Social Value: Community design review

04.05.26

Sarah Eastham

We believe in working with residents to shape their neighbourhoods, but we also recognise a fundamental tension: people often arrive with the understandable sense that decisions have already been made for them, rather than with them. So how do we carry designs forward with the communities we serve? We have five principles.

Trust and transparency

In most cases, a site capacity study - or several over time - has already established the broad viability of a site before any public conversation begins. It is better to be honest about this than to obscure it. Transparency at this stage builds trust: has retrofit been considered, has infill been tested, why is demolition proposed, who are the new homes for, and what will this mean for existing residents?

Early engagement

Once the fundamentals are established, the process opens into a shared phase of learning. This is where local knowledge, lived experience and priorities are gathered. Engagement should have a clear narrative arc with defined milestones – steer clear of open-ended consultation without direction or closure.

Structured iteration

Design and engagement must run in parallel. We share early thinking, review it together, refine, and repeat. This is not a retrospective “presentation of design” but an active loop where feedback genuinely informs outcomes.

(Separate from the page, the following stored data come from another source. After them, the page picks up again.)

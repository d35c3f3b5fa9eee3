-- ===== src/Resources/Marks.antt =====
-- What the marks of active resources owe to `command` and `persist`.
use distributed_workbench.Base.{
  Bool, Str, ◌≡◌, Result, Option, ok, if◌then◌else◌, true, false, err, refl, Result-cases,
  Bool-cases, inl, inr, none, some, ap, ◌∙◌, bytes, ◌==◌,
}
use distributed_workbench.Base.Map.Without.{IdSet}
use distributed_workbench.Json.{Value}
use distributed_workbench.Protocol.{RpcError}
use distributed_workbench.Resources.{persist, write, Store, Env, string_param}
use distributed_workbench.Resources.Commands.{
  command, lease_status, recover, change, answer, may_recover, lease_change,
}

write-resources :
    (sha : Str → Str) (path io : Option Str) (s : Store)
    → (write sha path io s).1.resources ≡ s.resources
write-resources sha none io s = refl
write-resources sha (some path) none s = refl
write-resources sha (some path) (some reason) s = refl

pub persist-resources :
    (sha : Str → Str) (io : Option Str) (s : Store) → (persist sha io s).1.resources ≡ s.resources
unfolding persist
persist-resources sha io s = write-resources sha s.resources.path io s

answer-store : {A : Type 0} (a : A) (r : Result RpcError (Unit {0}) × Store) → (answer a r).1 ≡ r.1
answer-store a (ok u, s) = refl
answer-store a (err e, s) = refl

persisted :
    {A : Type 0} (sha : Str → Str) (a : A) (io : Option Str) (s : Store)
    → (answer a (persist sha io s)).1.resources.active ≡ s.resources.active
persisted sha a io s =
    ap (λ s. s.resources.active) (answer-store a (persist sha io s))
    ∙ ap (λ r. r.active) (persist-resources sha io s)

recover-active :
    (sha : Str → Str) (s : Store) (env : Env) (key : Str) (params : Value)
    → (recover sha s env key params).1.resources.active ≡ s.resources.active
unfolding recover
recover-active sha s env key params = elim (Result-cases (may_recover s.resources key params)) [
  | inl (e, refused) ↦ rw (refused, recover) refl
  | inr (u, passed) ↦ rw (passed, recover) (persisted sha _ env.io _)
]

change-active :
    (sha : Str → Str) (s : Store) (env : Env) (action key : Str) (params : Value)
    → (change sha s env action key params).1.resources.active ≡ s.resources.active
unfolding change
change-active sha s env action key params =
    elim (Result-cases (lease_change sha s.resources env action key params)) [
      | inl (e, refused) ↦ rw (refused, change) refl
      | inr ((l, t), passed) ↦ rw (passed, change) (persisted sha _ env.io _)
    ]

either_way :
    (test : Bool) (x y : Result RpcError Value × Store) {ids : IdSet}
    → x.1.resources.active ≡ ids
    → y.1.resources.active ≡ ids
    → (if test then x else y).1.resources.active ≡ ids
either_way true x y h k = h
either_way false x y h k = k

-- No command marks a resource active, or clears the mark.
pub command-active :
    (sha : Str → Str) (s : Store) (env : Env) (action : Str) (params : Value)
    → (command sha s env action params).1.resources.active ≡ s.resources.active
unfolding command
command-active sha s env action params = elim (Bool-cases (action == bytes "resource.lease.list")) [
  | inl lists ↦ rw (lists, command) refl
  | inr other ↦ elim (Result-cases (string_param params (bytes "resource"))) [
    | inl (e, refused) ↦ rw (other, command) (rw (refused, command) refl)
    | inr (key, named) ↦
        rw (other, command)
          (rw (named, command)
            (either_way (action == bytes "resource.lease.status")
              (ok (lease_status s.resources key), s)
              (if action == bytes "resource.lease.recover"
                then recover sha s env key params
                else change sha s env action key params)
              refl
              (either_way (action == bytes "resource.lease.recover") (recover sha s env key params)
                (change sha s env action key params) (recover-active sha s env key params)
                (change-active sha s env action key params))))
  ]
]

Clarity and accountability

Crucially, we must be explicit about what has changed and why, and equally what has not changed and why not. In doing so, we mediate between competing priorities, advocate for quieter voices, and help make trade-offs legible.

Responsive practice

This process should remain agile, actively seeking out perspectives that are missing and going to those voices directly.

Done well, this leads to better places: communities feel they have genuinely influenced their neighbourhoods, and projects benefit from the insight of those with local experience and tacit knowledge.